Airactu.info : Sky Mali a annoncé en 2021 de nouvelles destinations notamment dans la sous-région ouest africaine, comment comptez- vous vous positionner en tant que compagnie de référence en Afrique face à des concurrentes comme Air Sénégal, Air Côte d’Ivoire, Asky, Mauritania Airlines…… ?

Vous savez notre vision à SKY MALI SA est bien claire. Nous souhaitons, dès l’entame de notre exploitation procéder à une active coopération intelligente, avec les compagnies aériennes nationales voisines, déjà en activité sur les routes, qui sont opérées de/vers Bamako. Car il est vain, de notre point de vue, de vouloir se confronter à une compétition improductive, et cela pour tout le monde. Les réseaux exigus du Mali et de son proche voisinage, n’offrent d’autres alternatives, si ce n’est un partage de l’activité, pour plus d’efficience et d’efficacité, dans une approche win-win. J’y crois profondément, après maintenant 30 années d’expériences et de vécu professionnel dans cette région Ouest et Centre Afrique.

Les formes de ces partenariats pourront être multiples, du partage de codes, aux vols conjoints, à l’achat d’espace réciproque, ou en pool de coûts et/ou de recettes. SKY MALI chaque fois, fera ses choix, après évaluations et études minutieuses, et au mieux de ses intérêts.
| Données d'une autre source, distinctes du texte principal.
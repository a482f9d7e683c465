-- ===== src/Tree/BstOwned/Agrees.antt =====
-- BST_smartptr.cpp answers every call as BST.cpp does.
use dsalib.Core.{
  sym, ◌≡◌, refl, ap, ◌∙◌, none, some, List, [], ◌∷◌, ℤ, arith, Option-cases, inl, inr,
}
use dsalib.Tree.Bst
use dsalib.Tree.Bst.{Tree, Bst}
use dsalib.Tree.Bst.Run
use dsalib.Tree.Bst.Run.{Op, insertion, deletion}
use dsalib.Tree.BstOwned.{
  Owned, null, node, insert_helper, search_helper, in_order_helper, min_value_node, delete_found,
  delete_node_helper, BstOwned, new, insert, search, in_order, delete_node,
}

-- The same tree with raw pointers.
view : Owned → Tree
view null = Tree.leaf
view (node d left right) = Tree.node (view left) d (view right)

view-insert_helper : (t : Owned) (x : ℤ) → view (insert_helper t x) ≡ Bst.insert_helper (view t) x
unfolding view insert_helper Bst.insert_helper
view-insert_helper null x = refl
view-insert_helper (node d l r) x = ground (arith, view-insert_helper l x, view-insert_helper r x)

search_helper-view : (t : Owned) (x : ℤ) → search_helper t x ≡ Bst.search_helper (view t) x
unfolding view search_helper Bst.search_helper
search_helper-view null x = refl
search_helper-view (node d l r) x = ground (arith, search_helper-view l x, search_helper-view r x)

in_order_helper-view : (t : Owned) → in_order_helper t ≡ Bst.in_order_helper (view t)
unfolding view in_order_helper Bst.in_order_helper
in_order_helper-view null = refl
in_order_helper-view (node d l r) = rw (in_order_helper-view l, in_order_helper-view r)

min_value_node-view : (t : Owned) → min_value_node t ≡ Bst.min_value_node (view t)
unfolding view min_value_node Bst.min_value_node
min_value_node-view null = refl
min_value_node-view (node d null r) = refl
min_value_node-view (node d (node ld ll lr) r) = min_value_node-view (node ld ll lr)

view-delete_found :
    (d : ℤ) (l r : Owned) (f : ℤ → Owned) (g : ℤ → Tree)
    → ((m : ℤ) → view (f m) ≡ g m)
    → view (delete_found d l r f) ≡ Bst.delete_found (view l) d (view r) g
unfolding view delete_found Bst.delete_found
view-delete_found d null r f g h = refl
view-delete_found d (node ld ll lr) null f g h = refl
view-delete_found d (node ld ll lr) (node rd rl rr) f g h =
    let right = Tree.node (view rl) rd (view rr) in
    let same : Bst.min_value_node right ≡ min_value_node (node rd rl rr) =
      sym (min_value_node-view (node rd rl rr)) in
    elim (Option-cases (min_value_node (node rd rl rr))) [
      | inl missing ↦
          let there : Bst.min_value_node right ≡ none = same ∙ missing in
          rw (missing, there, view, Bst.delete_found) refl
      | inr (m, found) ↦
          let there : Bst.min_value_node right ≡ some m = same ∙ found in
          rw (found, there, view, Bst.delete_found)
            (ap (Tree.node (Tree.node (view ll) ld (view lr)) m) (h m))
    ]

view-delete_node_helper :
    (t : Owned) (x : ℤ) → view (delete_node_helper t x) ≡ Bst.delete_node_helper (view t) x
unfolding view delete_node_helper Bst.delete_node_helper
view-delete_node_helper null x = refl
view-delete_node_helper (node d l r) x = ground (
  arith,
  view-delete_node_helper l x,
  view-delete_node_helper r x,
  view-delete_found d l r (delete_node_helper r) (Bst.delete_node_helper (view r))
      (λ m. view-delete_node_helper r m),
)

-- A client's calls.
unfoldable pub run : List Op → BstOwned → BstOwned
run [] t = t
run (insertion x ∷ ops) t = run ops (insert t x)
run (deletion x ∷ ops) t = run ops (delete_node t x)

raw : BstOwned → Bst
raw t = record { root = view t.root }

raw-insert : (t : BstOwned) (x : ℤ) → raw (insert t x) ≡ Bst.insert (raw t) x
unfolding raw insert Bst.insert
raw-insert t x = ap (λ r. record { root = r }) (view-insert_helper t.root x)

raw-delete_node : (t : BstOwned) (x : ℤ) → raw (delete_node t x) ≡ Bst.delete_node (raw t) x
unfolding raw delete_node Bst.delete_node
raw-delete_node t x = ap (λ r. record { root = r }) (view-delete_node_helper t.root x)

in_order-raw : (t : BstOwned) → in_order t ≡ Bst.in_order (raw t)
unfolding raw in_order Bst.in_order
in_order-raw t = in_order_helper-view t.root

search-raw : (t : BstOwned) (x : ℤ) → search t x ≡ Bst.search (raw t) x
unfolding raw search Bst.search
search-raw t x = search_helper-view t.root x

raw-run : (ops : List Op) (t : BstOwned) → raw (run ops t) ≡ Run.run ops (raw t)
unfolding run Run.run
raw-run [] t = refl
raw-run (insertion x ∷ ops) t = raw-run ops (insert t x) ∙ ap (Run.run ops) (raw-insert t x)
raw-run (deletion x ∷ ops) t =
    raw-run ops (delete_node t x) ∙ ap (Run.run ops) (raw-delete_node t x)

-- After the same calls of `insert` and `deleteNode` on new trees, the tree of BST_smartptr.cpp prints
-- what the tree of BST.cpp prints, and finds the same values.
pub run-agrees :
    (ops : List Op) (x : ℤ)
    → (in_order (run ops new) ≡ Bst.in_order (Run.run ops Bst.new))
      × (search (run ops new) x ≡ Bst.search (Run.run ops Bst.new) x)
run-agrees ops x =
    let same = raw-run ops new in
    let start : raw new ≡ Bst.new = unfold raw view in refl in
    let both = same ∙ ap (Run.run ops) start in
    (
      in_order-raw (run ops new) ∙ ap Bst.in_order both,
      search-raw (run ops new) x ∙ ap (λ t. Bst.search t x) both,
    )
Airactu.info : A quand la desserte à l’intercontinentale si nous prenons le cas de la France où il y a une forte communauté malienne. Quel type d’appareil va être utilisé sur cette ligne ?
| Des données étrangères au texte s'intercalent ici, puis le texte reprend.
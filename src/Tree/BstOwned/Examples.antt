-- ===== src/Tree/BstOwned/Examples.antt =====
-- BST_smartptr.cpp on concrete calls.
use dsalib.Core.{◌≡◌, List, [], ◌∷◌, pos}
use dsalib.Tree.Bst
use dsalib.Tree.Bst.Run
use dsalib.Tree.Bst.Run.{Op, insertion, deletion}
use dsalib.Tree.BstOwned.{new, search, in_order}
use dsalib.Tree.BstOwned.Agrees.{run, run-agrees}

abbrev calls : List Op
calls = insertion (pos 5) ∷ insertion (pos 3) ∷ insertion (pos 7) ∷ deletion (pos 5) ∷ []

run-agrees_example :
    (in_order (run calls new) ≡ Bst.in_order (Run.run calls Bst.new))
    × (search (run calls new) (pos 7) ≡ Bst.search (Run.run calls Bst.new) (pos 7))
run-agrees_example = run-agrees calls (pos 7)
Le Mali, tout le monde le sait, à une grande Diaspora, dispersée partout dans le monde, et surtout en Afrique. L’essence de SKY MALI SA est de suivre cette diaspora, d’aller la trouver là où elle se trouve, pour lui offrir ses services, la transporter partout. Nous allons nous déployer d’abord en Afrique, après le Moyen Orient, et bien sûr l’Europe, la France notamment et bien évidemment. Bien sûr nous envisageons de nous doter d’appareils plus gros, des Boeings 737-800 et demain des Max ou des Airbus, nous n’excluons rien. Mais toute chose en son temps.
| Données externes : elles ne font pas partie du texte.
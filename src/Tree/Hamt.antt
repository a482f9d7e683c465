-- ===== src/Tree/Hamt.antt =====
-- DataStructure/CPP/tree/hamt.cpp: a hash array mapped trie. A `shared_ptr<Node>` is the node that it
-- owns, a map of children a list of entries that is read by its keys alone. `hash` is
-- `std::hash<std::string>`, a parameter; keys and values are of any types, with equality of keys.
pub mod Entries
pub mod Lookup
pub mod Removing
pub mod Depth
pub mod Kept
pub mod Digits
pub mod Run
pub mod Collision
mod Examples
use dsalib.Core.{
  ℕ, zero, suc, ◌+◌, ◌*◌, ◌/◌, ◌%◌, ◌^◌, Bool, true, false, if◌then◌else◌, ◌==◌, Option, none, some,
  Eq,
}

-- `LeafNode`, `InternalNode` and its `children`.
mutual
  pub data Node {ℓ κ} (K : Type ℓ) (V : Type κ) : Type (ℓ ⊔ κ) where
    leaf : K → V → Node K V
    internal : Children K V → Node K V

  pub data Children {ℓ κ} (K : Type ℓ) (V : Type κ) : Type (ℓ ⊔ κ) where
    no_children : Children K V
    child : ℕ → Node K V → Children K V → Children K V

module _ {ℓ κ} {K : Type ℓ} {V : Type κ} where
  -- `children.find(index)`
  unfoldable pub find : ℕ → Children K V → Option (Node K V)
  find i no_children = none
  find i (child d n cs) = if i == d then some n else find i cs

  -- `children[index] = n`
  unfoldable pub put : ℕ → Node K V → Children K V → Children K V
  put i n no_children = child i n no_children
  put i n (child d m cs) = if i == d then child d n cs else child d m (put i n cs)

  -- `children.erase(index)`
  unfoldable pub erase : ℕ → Children K V → Children K V
  erase i no_children = no_children
  erase i (child d n cs) = let rest = erase i cs in if i == d then rest else child d n rest

  -- `children.empty()`
  unfoldable pub is_empty : Children K V → Bool
  is_empty no_children = true
  is_empty (child d n cs) = false

-- `(hash >> (level * 5)) & 31`
unfoldable pub index : ℕ → ℕ → ℕ
index hash level = hash / 2 ^ (level * 5) % 32

-- What is to be done with the entry of a node after `removeHelper` looked at it: nothing, as the key is
-- not below it; erase it, as it is the key's leaf or is left with no children; or keep it, changed.
pub data Removal {ℓ κ} (K : Type ℓ) (V : Type κ) : Type (ℓ ⊔ κ) where
  not_found : Removal K V
  gone : Removal K V
  kept : Node K V → Removal K V

module _ {ℓ κ} {K : Type ℓ} {V : Type κ} ⦃e : Eq K⦄ (hash : K → ℕ) where
  -- The body of `insertHelper` for the entry that it finds at the index; `rec` is the recursive call.
  unfoldable pub insert_entry :
      (rec : Children K V → ℕ → K → V → Option (Children K V))
      → Option (Node K V)
      → Children K V
      → (level : ℕ) → K
      → V
      → Option (Children K V)
  insert_entry rec none cs level key value = some (put (index (hash key) level) (leaf key value) cs)
  insert_entry rec (some (leaf k v)) cs level key value = elim (e.beq k key) [
    | true ↦ some (put (index (hash key) level) (leaf k value) cs)
    | false ↦ elim (rec no_children (suc level) k v) [
      | none ↦ none
      | some one ↦ elim (rec one (suc level) key value) [
        | none ↦ none
        | some both ↦ some (put (index (hash key) level) (internal both) cs)
      ]
    ]
  ]
  insert_entry rec (some (internal below)) cs level key value =
      elim (rec below (suc level) key value) [
        | none ↦ none
        | some changed ↦ some (put (index (hash key) level) (internal changed) cs)
      ]

  -- `insertHelper` on the children of a node; `none` when the fuel runs out.
  unfoldable pub insert_helper :
      (fuel : ℕ) → Children K V → (level : ℕ) → K → V → Option (Children K V)
  insert_helper zero cs level key value = none
  insert_helper (suc fuel) cs level key value =
      insert_entry (insert_helper fuel) (find (index (hash key) level) cs) cs level key value

  -- The loop of `lookup` at a node on this level.
  unfoldable mutual
    pub lookup_node : Node K V → (level : ℕ) → K → Option V
    lookup_node (leaf k v) level key = if e.beq k key then some v else none
    lookup_node (internal cs) level key = lookup_child cs (index (hash key) level) (suc level) key

    pub lookup_child : Children K V → (i level : ℕ) → K → Option V
    lookup_child no_children i level key = none
    lookup_child (child d n cs) i level key = elim (i == d) [
      | true ↦ lookup_node n level key
      | false ↦ lookup_child cs i level key
    ]

  -- What `removeHelper` does to the children of a node, given what is to be done with the child.
  unfoldable pub apply_removal : ℕ → Children K V → Removal K V → Children K V
  apply_removal i cs not_found = cs
  apply_removal i cs gone = erase i cs
  apply_removal i cs (kept n) = put i n cs

  -- What the parent of the node is to do.
  unfoldable pub removal : ℕ → Children K V → Removal K V → Removal K V
  removal i cs not_found = not_found
  removal i cs gone = let rest = erase i cs in if is_empty rest then gone else kept (internal rest)
  removal i cs (kept n) = kept (internal (put i n cs))

  -- `removeHelper` below a node.
  unfoldable mutual
    pub remove_node : Node K V → (level : ℕ) → K → Removal K V
    remove_node (leaf k v) level key = if e.beq k key then gone else not_found
    remove_node (internal cs) level key =
        removal (index (hash key) level) cs
          (remove_child cs (index (hash key) level) (suc level) key)

    pub remove_child : Children K V → (i level : ℕ) → K → Removal K V
    remove_child no_children i level key = not_found
    remove_child (child d n cs) i level key = elim (i == d) [
      | true ↦ remove_node n level key
      | false ↦ remove_child cs i level key
    ]

-- `class HAMT`: the children of the root.
pub record Hamt {ℓ κ} (K : Type ℓ) (V : Type κ) : Type (ℓ ⊔ κ) where
  pub root : Children K V

abbrev pub new {ℓ κ} : {K : Type ℓ} {V : Type κ} → Hamt K V
new = record { root = no_children }

module _ {ℓ κ} {K : Type ℓ} {V : Type κ} ⦃e : Eq K⦄ (hash : K → ℕ) where
  unfoldable pub insert : (fuel : ℕ) → Hamt K V → K → V → Option (Hamt K V)
  insert fuel t key value = elim (insert_helper hash fuel t.root 0 key value) [
    | none ↦ none
    | some cs ↦ some (record { root = cs })
  ]

  -- `lookup`, where `none` is "Key not found".
  unfoldable pub lookup : Hamt K V → K → Option V
  lookup t key = lookup_node hash (internal t.root) 0 key

  unfoldable pub remove : Hamt K V → K → Hamt K V
  remove t key =
      let i = index (hash key) 0 in
      record { root = apply_removal hash i t.root (remove_child hash t.root i 1 key) }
Airactu.info : Avez-vous un partenaire stratégique, pourquoi pas une alliance comme le font les compagnies occidentales et du Golfe ?

Oui… C’est aussi une option de démarrer avec un partenaire stratégique. On en a vu des exemples. Mais ce n’est pas une voie obligée, ou unique. SKY MALI SA est encadrée depuis sa création et ses premières années d’activités par un cabinet africain, SMFI Consulting (Société de Marketing et de Finances Internationales) qui regroupe de hauts professionnels et consultants, très expérimentés dans tous les domaines de transport aérien, et très connaisseurs de l’activité aérienne dans cette région du monde. En partenariat avec les investisseurs de SKY MALI SA de Abu Dhabi, Al Sayeg Group (ASG), ils encadrent, conseillent, organisent la mise en route de ce nouveau start up. S’il faut un partenariat stratégique pour son envol mondial, ils aviseront. Chaque chose en son temps.

Airactu.info : La holding d’investissements émiratie :  AL SAYEGH GROUP (ASG) est l’actionnaire unique de SKY MALI SA, une société anonyme de droit malien. Est-ce que d’autres investisseurs sont déjà intéressés pour entrer dans le capital de la compagnie ?

Oui… Bien sûr… avec les succès que l’on observe dès ce démarrage, ils se bousculent à la porte. Mais chaque chose en son temps.

Airactu.info : Quels sont les grands projets de Sky Mali dans le futur ?

Ils sont grands, je dirai même grandioses, nombreux, inventifs, optimistes. Ces projets sont à l’image du grand Mali, MaliBa, du Nouveau Mali qui se dessine, MaliCoura. Il faudra compter avec cette compagnie qui s’envolera dès la fin de cette pandémie inattendue.